The National Theatre has responded instantly to the verdicts reached in the phone-hacking trial with a “fast and furious” satire about the press, politicians and police that opens on Monday.
Great Britain, starring Billie Piper as an ambitious tabloid editor, was announced at a hastily arranged press conference this morning and opens in five days.
The play was ready to stage at the Lyttelton Theatre on Monday, but the National’s lawyers advised that it should wait until the verdicts in the long-running hacking trial were reached.
Former News of the World editor Andy Coulson was found guilty of conspiracy to hack phones on Tuesday, while Rebekah Brooks, his predecessor, was cleared of all charges.
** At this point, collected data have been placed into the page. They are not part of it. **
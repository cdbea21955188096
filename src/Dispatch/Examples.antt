-- ===== src/Dispatch/Examples.antt =====
-- Packets from the player of the sample field.
use lh_server.Prelude.{map, ℕ, ◌≡◌, refl, true, List, [], ◌∷◌, ◌==◌, replicate, arith}
use lh_server.World.Samples.{field, noon}
use lh_server.Net.{buf_size}
use lh_server.Session.{Server}
use lh_server.Dispatch.Requests.{Request, move_packet, cs_attack}
use lh_server.Dispatch.Wire.{encode_request}
use lh_server.Dispatch.Stream.{handle_all, on_recv-encode_request}
use lh_server.Dispatch.{on_recv}
use lh_server.Net.Framing.{concat}
use lh_server.Net.Contract.{Keeps}

abbrev server : Server
server = record {
  world = field;
  connected = λ i. i == 3;
  clients = λ i. record { prev_size = 0; packet_buf = replicate buf_size 0 };
}

abbrev attack_bytes : List ℕ
attack_bytes = 2 ∷ 23 ∷ []

nothing-Keeps : Keeps [] (server.clients 3)
nothing-Keeps = record { stored = refl; counted = refl; room = refl; pending = tt }

-- An attack, and a move to a place.
abbrev requests : List Request
requests =
    move_packet (record { x = 7; y = 8; z = 9 }) (record { x = 1; y = 2; z = 3 })
      (record { x = 4; y = 5; z = 6 })
    ∷ []

on_recv-encode_request_example :
    let bytes = concat (map encode_request (cs_attack ∷ requests)) in
    let t = on_recv noon (λ name pass. true) 3 bytes server in
    (t.world ≡ handle_all noon (λ name pass. true) 3 (cs_attack ∷ requests) field)
    × (t.connected ≡ server.connected)
    × Keeps [] (t.clients 3)
on_recv-encode_request_example =
    on_recv-encode_request noon (λ name pass. true) 3 cs_attack requests server
      (tt, ((omega arith, (omega arith, omega arith)), tt)) nothing-Keeps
“We didn’t think the trial would last as long as it did,” National director Sir Nicholas said, adding: “We were being very careful. It’s fiction but we were advised it would be better not to open the play while the trial was in progress.”
Piper plays Paige Britain, the young editor of fictional tabloid The Free Press, although Sir Nicholas was at pains to stress the character was not a reference to Brooks. Rupert Vansittart will play the Prime Minister.
Sir Nicholas said: “There are parallels with current events but the play spreads its net very widely. It has an entire network of press, police and political establishment in its sights. It’s not particularly bothered by specific allegations against specific people.”
Writer Richard Bean, whose work includes One Man, Two Guvnors, said: “It’s a fictional piece. It’s a grotesque satire that draws on current events, but is in no way a docudrama.”
Bean admitted one plotline was inspired by the story of the tabloid hounding of Christopher Jefferies wrongfully suspected following the murder of Joanna Yeates. He subsequently won damages from eight newspapers.
“I can only write plays if I get angry about something,” Bean said, “and that whole case made me insanely angry.”
There will be no previews, with a select audience invited to several dress rehearsals, and the play will run until 23 August. Journalists and newspaper editors have sat in on rehearsals and were happy with the portrayal of the industry, Sir Nichoals said.
He continued: “Both of us have a gut sympathy for good, old fashioned tabloid journalism… For the tabloid journalists who find proper stories.”
“It’s a satire which has as its target, perversions of the idea of a free press, not of the free press itself. The free press is an ideal we share and wish to protect.”
Had the verdict in the trial been different, Bean said, the play would still have been “pretty much the same”.